Endlich Licht am Ende des Tunnels?


Die deutsche Autoindustrie ist quasi am Ende, bundesdeutsche Großunternehmen planen Massenentlassungen und der Mittelstand kämpft mit zurückgehenden Aufträgen.

In Zeiten, in denen man sogar auf einer Tube Zahnpasta »Made in China« lesen kann, kommt eine Studie der Beratungsgesellschaft EY-Pantheon und der Dekabank zu einem gegenteiligen, »erfreulichen« Ergebnis:

Wenn die NATO-Staaten ihre Verteidigungsausgaben wie geplant auf 3,5 Prozent der Wirtschaftsleistung erhöhen, schafft das in Deutschland rund

144.000 neue Arbeitsplätze.

Der Zeitpunkt: voraussichtlich 2029. Hinzu kommen bereits bestehende Arbeitsplätze in der Industrie, deren Erhalt durch die Rüstungsaufträge abgesichert wird.

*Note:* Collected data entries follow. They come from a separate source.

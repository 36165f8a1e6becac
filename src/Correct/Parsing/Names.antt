-- ===== src/Correct/Parsing/Names.antt =====
-- The texts of numbers, references and names read back.
use mathlib.Core.List.{reverse, reverse_aux, reverse-reverse}
use risk_engine.Prelude.{
  ℕ, zero, suc, ◌+◌, ◌-◌, ◌*◌, ◌/◌, ◌%◌, ◌^◌, ◌≤◌, ◌<◌, ◌≡◌, refl, sym, ◌∙◌, ap, Bool, true, false,
  ◌&&◌, ◌||◌, List, [], ◌∷◌, ◌++◌, Str, has_prefix, ◌==◌, ltb, leb, All, All-map, arith, Bool-cases,
  inl, inr, ltb→lt,
}
use risk_engine.Prelude.Int.{pos}
use risk_engine.Outcome.{ok}
use risk_engine.Operators.{ValueType, FunctionName}
use risk_engine.Schema.{FactorRef}
use risk_engine.Value.{Value}
use risk_engine.Expr.{Expr}
use risk_engine.Parser.Chars.{is_digit}
use risk_engine.Parser.Refs.{
  spaces, space_width, trim_left, trim_space, split, any_empty, is_default_path, ref_of,
  parse_factor_ref, map_reverse,
}
use risk_engine.Parser.Grammar.{
  Decimals, digits_value, has_point, integer_literal, number_literal, function_name,
}
use risk_engine.Correct.Parsing.Printer.{
  digits, decimal, ref_text, name_text, IsNameByte, IsPart, IsWord, IsRef, IsFunctionName,
}

-- Decimal digits.
abbrev pub IsDigits : Str → Type 0
IsDigits s = All (λ c. (is_digit c ≡ true) × ((c == b'.') ≡ false)) s

All-append {ℓ κ} :
    {A : Type ℓ} (P : A → Type κ) (xs ys : List A) → All P xs → All P ys → All P (xs ++ ys)
All-append P [] ys h k = k
All-append P (x ∷ xs) ys (h, t) k = (h, All-append P xs ys t k)

digit_byte : (n : ℕ) → n < 10 → (is_digit (48 + n) ≡ true) × (((48 + n) == b'.') ≡ false)
digit_byte n h = (ground arith, ground arith)

pub digits-IsDigits : (f n : ℕ) → IsDigits (digits f n)
unfolding digits
digits-IsDigits zero n = tt
digits-IsDigits (suc f) n = elim (Bool-cases (ltb n 10)) [
  | inl e ↦ rw (digits, e) (digit_byte n (ltb→lt n 10 e), tt)
  | inr e ↦
      rw (digits, e)
        (All-append _ (digits f (n / 10)) ((48 + n % 10) ∷ []) (digits-IsDigits f (n / 10))
          (digit_byte (n % 10) (omega arith), tt))
]

digits_value-append :
    (n : ℕ) (s : Str) (c : ℕ) → digits_value n (s ++ c ∷ []) ≡ 10 * digits_value n s + (c - 48)
unfolding digits_value
digits_value-append n [] c = refl
digits_value-append n (d ∷ s) c = digits_value-append (10 * n + (d - 48)) s c

digits_value-digits : (f n : ℕ) → n < f → digits_value 0 (digits f n) ≡ n
unfolding digits digits_value
digits_value-digits zero n h = absurd (omega arith)
digits_value-digits (suc f) n h = elim (Bool-cases (ltb n 10)) [
  | inl e ↦ rw (digits, e) (omega arith)
  | inr e ↦
      rw (digits, e)
        (digits_value-append 0 (digits f (n / 10)) (48 + n % 10)
          ∙ rw (digits_value-digits f (n / 10) (ground arith)) (omega arith))
]

no_point : (s : Str) → IsDigits s → has_point s ≡ false
unfolding has_point
no_point [] h = refl
no_point (c ∷ cs) ((d, e), t) = rw e (no_point cs t)

pub number-int :
    {D : Type 0} (fmt : Decimals D) (n : ℕ)
    → n ≤ 2147483647
    → number_literal fmt (decimal n) ≡ ok (Expr.literal (Value.int (pos n)) ValueType.int)
unfolding number_literal integer_literal
number-int fmt n h =
    rw
      (
        number_literal,
        no_point (decimal n) (digits-IsDigits (suc n) n),
        integer_literal,
        digits_value-digits (suc n) n (omega arith),
      )
      (ground (arith, h))

pub number-long :
    {D : Type 0} (fmt : Decimals D) (n : ℕ)
    → 2147483647 < n
    → n < 2 ^ 63
    → number_literal fmt (decimal n) ≡ ok (Expr.literal (Value.int64 (pos n)) ValueType.long)
unfolding number_literal integer_literal
number-long fmt n h k =
    rw
      (
        number_literal,
        no_point (decimal n) (digits-IsDigits (suc n) n),
        integer_literal,
        digits_value-digits (suc n) n (omega arith),
      )
      (ground (arith, h, k))

pub function_name-name_text :
    (name : FunctionName) → IsFunctionName name → function_name (name_text name) ≡ name
unfolding function_name
function_name-name_text (FunctionName.other name) (part, word, same) = same
function_name-name_text name h = refl

-- Bytes that start no white space.
abbrev IsInked : ℕ → Type 0
IsInked c = (32 < c) × (c < 128)

blank_head : Str → Bool
blank_head [] = false
blank_head (c ∷ cs) = leb c 32 || leb 128 c

blank_heads : List Str → Bool
unfolding blank_head
blank_heads [] = true
blank_heads (w ∷ ws) = blank_head w && blank_heads ws

not_prefix : (c : ℕ) (cs w : Str) → IsInked c → blank_head w ≡ true → has_prefix (c ∷ cs) w ≡ false
unfolding has_prefix blank_head
not_prefix c cs [] h b = cc
not_prefix c cs (d ∷ w) h b = ground arith

and_left : (a b : Bool) → (a && b) ≡ true → a ≡ true
and_left true b h = refl
and_left false b h = cc

and_right : (a b : Bool) → (a && b) ≡ true → b ≡ true
and_right true b h = h
and_right false b h = cc

no_width :
    (ws : List Str) (c : ℕ) (cs : Str)
    → blank_heads ws ≡ true
    → IsInked c
    → space_width ws (c ∷ cs) ≡ 0
unfolding space_width blank_heads
no_width [] c cs b h = refl
no_width (w ∷ ws) c cs b h =
    rw (not_prefix c cs w h (and_left (blank_head w) (blank_heads ws) b))
      (no_width ws c cs (and_right (blank_head w) (blank_heads ws) b) h)

trim_left-inked :
    (ws : List Str) (s : Str) → blank_heads ws ≡ true → All IsInked s → trim_left ws 0 s ≡ s
unfolding trim_left
trim_left-inked ws [] b h = refl
trim_left-inked ws (c ∷ cs) b (h, t) = rw (trim_left, no_width ws c cs b h) refl

All-reverse_aux {ℓ κ} :
    {A : Type ℓ} (P : A → Type κ) (xs ys : List A) → All P xs → All P ys → All P (reverse_aux xs ys)
All-reverse_aux P [] ys h k = k
All-reverse_aux P (x ∷ xs) ys (h, t) k = All-reverse_aux P xs (x ∷ ys) t (h, k)

spaces-blank : blank_heads spaces ≡ true
unfolding blank_heads blank_head
spaces-blank = refl

reversed-blank : blank_heads (map_reverse spaces) ≡ true
unfolding blank_heads blank_head map_reverse
reversed-blank = refl

trim_space-inked : (s : Str) → All IsInked s → trim_space s ≡ s
unfolding trim_space
trim_space-inked s h =
    rw
      (
        trim_left-inked spaces s spaces-blank h,
        trim_left-inked (map_reverse spaces) (reverse s) reversed-blank
            (All-reverse_aux IsInked s [] h tt),
      )
      (reverse-reverse s)

abbrev NoDot : Str → Type 0
NoDot s = All (λ c. (c == 46) ≡ false) s

split-part : (s : Str) → NoDot s → split 46 s ≡ (s, [])
unfolding split
split-part [] h = refl
split-part (c ∷ cs) (e, t) = rw (split-part cs t, e) refl

split-append : (s t : Str) → NoDot s → split 46 (s ++ 46 ∷ t) ≡ (s, (split 46 t).0 ∷ (split 46 t).1)
unfolding split
split-append [] t h = refl
split-append (c ∷ cs) t (e, h) = rw (split-append cs t h, e) refl

part_bytes : (s : Str) → IsPart s → All IsNameByte s
part_bytes [] h = absurd h
part_bytes (c ∷ cs) h = h

part-NoDot : (s : Str) → IsPart s → NoDot s
part-NoDot s h =
    All-map IsNameByte (λ c. (c == 46) ≡ false) s (λ c (a, b, i, d). d) (part_bytes s h)

split-ref_text :
    (code : Str) (segments : List Str)
    → IsPart code
    → All IsPart segments
    → split 46 (ref_text code segments) ≡ (code, segments)
unfolding ref_text
split-ref_text code [] h t = split-part code (part-NoDot code h)
split-ref_text code (s ∷ ss) h (k, t) =
    split-append code (ref_text s ss) (part-NoDot code h) ∙ rw (split-ref_text s ss k t) refl

parts_full :
    (code : Str) (segments : List Str)
    → IsPart code
    → All IsPart segments
    → any_empty (code ∷ segments) ≡ false
unfolding any_empty
parts_full [] segments h t = absurd h
parts_full (c ∷ cs) [] h t = refl
parts_full (c ∷ cs) (s ∷ ss) h (k, t) = parts_full s ss k t

pub ref_text-bytes :
    (P : ℕ → Type 0) (code : Str) (segments : List Str)
    → ((c : ℕ) → IsNameByte c → P c)
    → P 46
    → IsPart code
    → All IsPart segments
    → All P (ref_text code segments)
unfolding ref_text
ref_text-bytes P code [] f dot h t = All-map IsNameByte P code f (part_bytes code h)
ref_text-bytes P code (s ∷ ss) f dot h (k, t) =
    All-append P code (46 ∷ ref_text s ss) (All-map IsNameByte P code f (part_bytes code h))
      (dot, ref_text-bytes P s ss f dot k t)

ref_of-full :
    (s code : Str) (segments : List Str)
    → split 46 s ≡ (code, segments)
    → any_empty (code ∷ segments) ≡ false
    → (s ≡ [] → ⊥)
    → ref_of s
      ≡ ok (record {
        factor_code = code;
        path_segments = segments;
        is_default_value_ref = is_default_path segments;
      })
unfolding ref_of
ref_of-full [] code segments e full ne = absurd (ne refl)
ref_of-full (c ∷ cs) code segments e full ne = rw (ref_of, e, full) refl

pub parse_factor_ref-ref_text :
    (r : FactorRef) → IsRef r → parse_factor_ref (ref_text r.factor_code r.path_segments) ≡ ok r
unfolding parse_factor_ref
parse_factor_ref-ref_text r (code, segments, word, flag) =
    let text : Str = ref_text r.factor_code r.path_segments in
    rw
      (trim_space-inked text (
        ref_text-bytes IsInked r.factor_code r.path_segments (λ c (a, b, i, d). (a, b))
          (omega arith, omega arith) code segments))
      (ref_of-full text r.factor_code r.path_segments
          (split-ref_text r.factor_code r.path_segments code segments)
          (parts_full r.factor_code r.path_segments code segments) (λ e. nonempty text e word)
        ∙ ap
            (λ b. ok (record {
              factor_code = r.factor_code;
              path_segments = r.path_segments;
              is_default_value_ref = b;
            }))
            (sym flag))
  where
    nonempty : (s : Str) → s ≡ [] → IsWord s → ⊥
    nonempty [] e w = w
    nonempty (c ∷ cs) e w = cc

Bis 2035 wird mit direkten Verteidigungsinvestitionen der europäischen Nato-Staaten von knapp 2,2 Billionen Euro gerechnet.

Ein großer Teil wird voraussichtlich nach Deutschland fließen, weil hier Rüstungsunternehmen wie Rheinmetall, KNDS Deutschland und Heckler & Koch ihre Firmensitze und Werke haben.

Alles in allem rechnen die Ersteller der Studie mit etwa 360.000 Arbeitsplätzen, die durch die Rüstungsinvestitionen geschaffen bzw. erhalten werden.

Dabei stellt sich die Frage, wer diese Rüstungsausgaben und damit die Arbeitsplätze eigentlich finanziert?

Die Antwort ist so einfach und traurig zugleich: der Steuerzahler!